Below are lines of data; restate word for word those running from the line containing "unfolding checked_claims own_claims" to the line containing "(operation : Text) (a", inclusive, and no others.

Exercise input Block Start

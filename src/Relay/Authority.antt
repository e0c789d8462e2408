-- ===== src/Relay/Authority.antt =====
-- What an operation that the relay admits has behind it.
use brezel.Common.{
  ℕ, ◌+◌, ◌≡◌, refl, sym, subst, ap, ◌∙◌, arith, true, List, [], ◌∷◌, some, nat_eq, if_cases, inl,
  inr, Text, text_eq, text_beq_iff, Result, ok, err, lookup, Time, Option-cases,
}
use brezel.Ledger.Types
use brezel.Ledger.Types.{
  OperationKey, Binding, DiskEntry, ready, binding_from_disk, public_from_disk, key_eq, key_beq_iff,
}
use brezel.Ledger.Operations.{Ledger, active_count}
use brezel.Ledger.Leases.{Lease, acquire_operation, operation_key}
use brezel.Ledger.Activity.{Current}
use brezel.Capability
use brezel.Capability.{CapabilityClaims}
use brezel.Capability.Validity.{IsValid}
use brezel.Capability.Tokens.{authenticate, Formats, first_is}
use brezel.Capability.Authority.{
  Requested, Authentic, DecodesInt64, match_claims-Requested, authenticate-Authentic,
}
use brezel.Relay.{
  Refusal, RelayServer, RelayAuthorization, SandboxBinding, after_acquire, authorize_request,
  authenticate_request, checked_claims, own_claims, expected_at, from_unix, relay_capability,
  relay_route_id,
}
use brezel.Relay.Findings.{Leased, acquire_operation-Leased, Checked, leased-Checked}

-- What an operation that the relay admits rests on, in the state `s` before the call and `t` after it.
pub record Admitted (s t : RelayServer) (a : RelayAuthorization) (digest : Text)
    (b : SandboxBinding) : Type 0 where
  pub entry : DiskEntry
  pub current :
      Current s.ledger a.route_id a.claims.project_id a.claims.sandbox_id a.claims.generation ready
        entry
  pub requested : Requested a.claims (expected_at s a.claims (public_from_disk entry) digest)
  pub routes : t.ledger.state ≡ s.ledger.state
  pub counted :
      active_count t.ledger.active
        (operation_key a.route_id a.claims.project_id a.claims.sandbox_id a.claims.generation)
      ≡ active_count s.ledger.active
          (operation_key a.route_id a.claims.project_id a.claims.sandbox_id a.claims.generation)
        + 1
  pub once : lookup a.claims.jti t.replay.used ≡ some (from_unix a.claims.expires_at).instant
  pub engine : b.backend_id ≡ entry.engine_id
  pub revision : b.revision ≡ a.claims.generation

authorize_request-Admitted :
    (s t : RelayServer) (a : RelayAuthorization) (digest : Text) (use_now now : ℕ)
    (b : SandboxBinding) (lease : Lease)
    → IsValid a.claims
    → authorize_request s a digest use_now now ≡ (t, ok (b, lease))
    → Admitted s t a digest b
unfolding authorize_request after_acquire binding_from_disk
authorize_request-Admitted s t a digest use_now now b lease v = outcome _ refl
  where
    outcome :
        (out : Ledger × Result Types.Error (Binding × Lease))
        → acquire_operation s.ledger a.route_id a.claims.project_id a.claims.sandbox_id
            a.claims.generation
          ≡ out
        → after_acquire s a.claims digest use_now now out ≡ (t, ok (b, lease))
        → Admitted s t a digest b
    outcome (l, err e) same h = absurd (ground arith)
    outcome (l, ok (current, first)) same h =
        let g =
          acquire_operation-Leased s.ledger l a.route_id a.claims.project_id a.claims.sandbox_id
            a.claims.generation current first same in
        let k =
          leased-Checked (record s { ledger = l }) t a.claims digest use_now now current first lease
            b h in
        record {
          entry = Leased.entry g;
          current = Leased.is_current g;
          requested =
              subst (λ (d : Binding). Requested a.claims (expected_at s a.claims d.route digest))
                (Leased.binding g)
                (match_claims-Requested s.verifier a.claims
                  (expected_at s a.claims current.route digest) v (Checked.matched k));
          routes = ap (λ (m : Ledger). m.state) (Checked.ledger k) ∙ Leased.state g;
          counted =
              subst
                (λ (m : Ledger).
                  active_count m.active (
                    operation_key a.route_id a.claims.project_id a.claims.sandbox_id
                      a.claims.generation)
                  ≡ active_count s.ledger.active (
                      operation_key a.route_id a.claims.project_id a.claims.sandbox_id
                        a.claims.generation)
                    + 1)
                (sym (Checked.ledger k)) (Leased.counted g);
          once = Checked.once k;
          engine = Checked.backend k ∙ ap (λ (d : Binding). d.engine_id) (Leased.binding g);
          revision =
              Checked.revision k
              ∙ (ap (λ (d : Binding). d.route.generation) (Leased.binding g)
                  ∙ Current.assigned (Leased.is_current g));
        }

checked_claims-ok :
    (s : RelayServer) (route operation : Text) (r : Result Capability.Error CapabilityClaims)
    (a : RelayAuthorization)
    → checked_claims s route operation r ≡ ok a
    → (r ≡ ok a.claims) × (first_is a.claims.operations operation ≡ true)
unfolding checked_claims own_claims
checked_claims-ok s route operation (err why) a h = absurd (ground arith)
checked_claims-ok s route operation (ok c) a h = (ground arith, ground arith)

authenticated :
    (f : Formats) (s : RelayServer) (clock : Time) (routes authorizations : List Text)
    (operation : Text) (a : RelayAuthorization)
    → authenticate_request f s clock routes authorizations operation ≡ ok a
    → (token : Text) × (relay_capability authorizations ≡ some token)
      × (authenticate f s.verifier clock token ≡ ok a.claims)
      × (first_is a.claims.operations operation ≡ true)
unfolding authenticate_request
authenticated f s clock routes authorizations operation a =
    if_cases Good s.draining _ _ (λ drains h. absurd (refused h))
      (λ serves. elim (Option-cases (relay_route_id routes)) [
        | inl r ↦ rw r (λ h. absurd (refused h))
        | inr r ↦ elim (Option-cases (relay_capability authorizations)) [
          | inl k ↦ rw (r.1, k) (λ h. absurd (refused h))
          | inr k ↦
              rw (r.1, k.1)
                (λ h.
                  let c =
                    checked_claims-ok s r.0 operation (authenticate f s.verifier clock k.0) a h in
                  (k.0, refl, c.0, c.1))
        ]
      ])
  where
    Good : Result Refusal RelayAuthorization → Type 0
    Good out =
        out ≡ ok a
        → (token : Text) × (relay_capability authorizations ≡ some token)
          × (authenticate f s.verifier clock token ≡ ok a.claims)
          × (first_is a.claims.operations operation ≡ true)

    refused : {why : Refusal} → Path (Result Refusal RelayAuthorization) (err why) (ok a) → ⊥
    refused h = cc

the_first :
    (os : List Text) (o operation : Text)
    → os ≡ o ∷ []
    → first_is os operation ≡ true
    → o ≡ operation
unfolding first_is
the_first os o operation same fits =
    (text_beq_iff o operation).0 (subst (λ l. first_is l operation ≡ true) same fits)

-- Where the JSON decoder gives int64 times: if the relay authenticates a request's headers and then
-- admits the operation, with whatever digest of the request, the claims are those of a token that
-- the verifier holds authentic at that time, for this operation; the ledger had a current ready
-- entry under the claims' route, project, sandbox and generation; every field of the claims is that
-- of the entry, the relay and the digest; the binding is for the entry's engine and that generation;
-- and after it the routes are as before, one more operation is counted under the lease's key, and
-- the replay cache holds the token's identifier until the claims expire.
pub authorize_request_sound :
    (f : Formats)
    → DecodesInt64 f
    → (s t : RelayServer) (clock : Time) (routes authorizations : List Text) (operation : Text)
      (a : RelayAuthorization) (digest : Text) (use_now bind_now : ℕ) (b : SandboxBinding)
      (lease : Lease)
    → authenticate_request f s clock routes authorizations operation ≡ ok a
    → authorize_request s a digest use_now bind_now ≡ (t, ok (b, lease))
    → ((token : Text) × (relay_capability authorizations ≡ some token)
        × Authentic f s.verifier clock token a.claims)
      × (a.claims.operations ≡ operation ∷ [])
      × Admitted s t a digest b
authorize_request_sound f int64 s t clock routes authorizations operation a digest use_now bind_now
      b lease known admitted =
    let k = authenticated f s clock routes authorizations operation a known in
    let authentic = authenticate-Authentic f int64 s.verifier clock k.0 a.claims k.2 in
    let valid = Authentic.valid authentic in
    (
      (k.0, k.1, authentic),
      IsValid.operations valid
          ∙ ap (λ o. o ∷ [])
              (the_first a.claims.operations (IsValid.operation valid) operation
                (IsValid.operations valid) k.3),
      authorize_request-Admitted s t a digest use_now bind_now b lease valid admitted,
    )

Exercise input Block End

Reply:
unfolding checked_claims own_claims
checked_claims-ok s route operation (err why) a h = absurd (ground arith)
checked_claims-ok s route operation (ok c) a h = (ground arith, ground arith)

authenticated :
    (f : Formats) (s : RelayServer) (clock : Time) (routes authorizations : List Text)
    (operation : Text) (a : RelayAuthorization)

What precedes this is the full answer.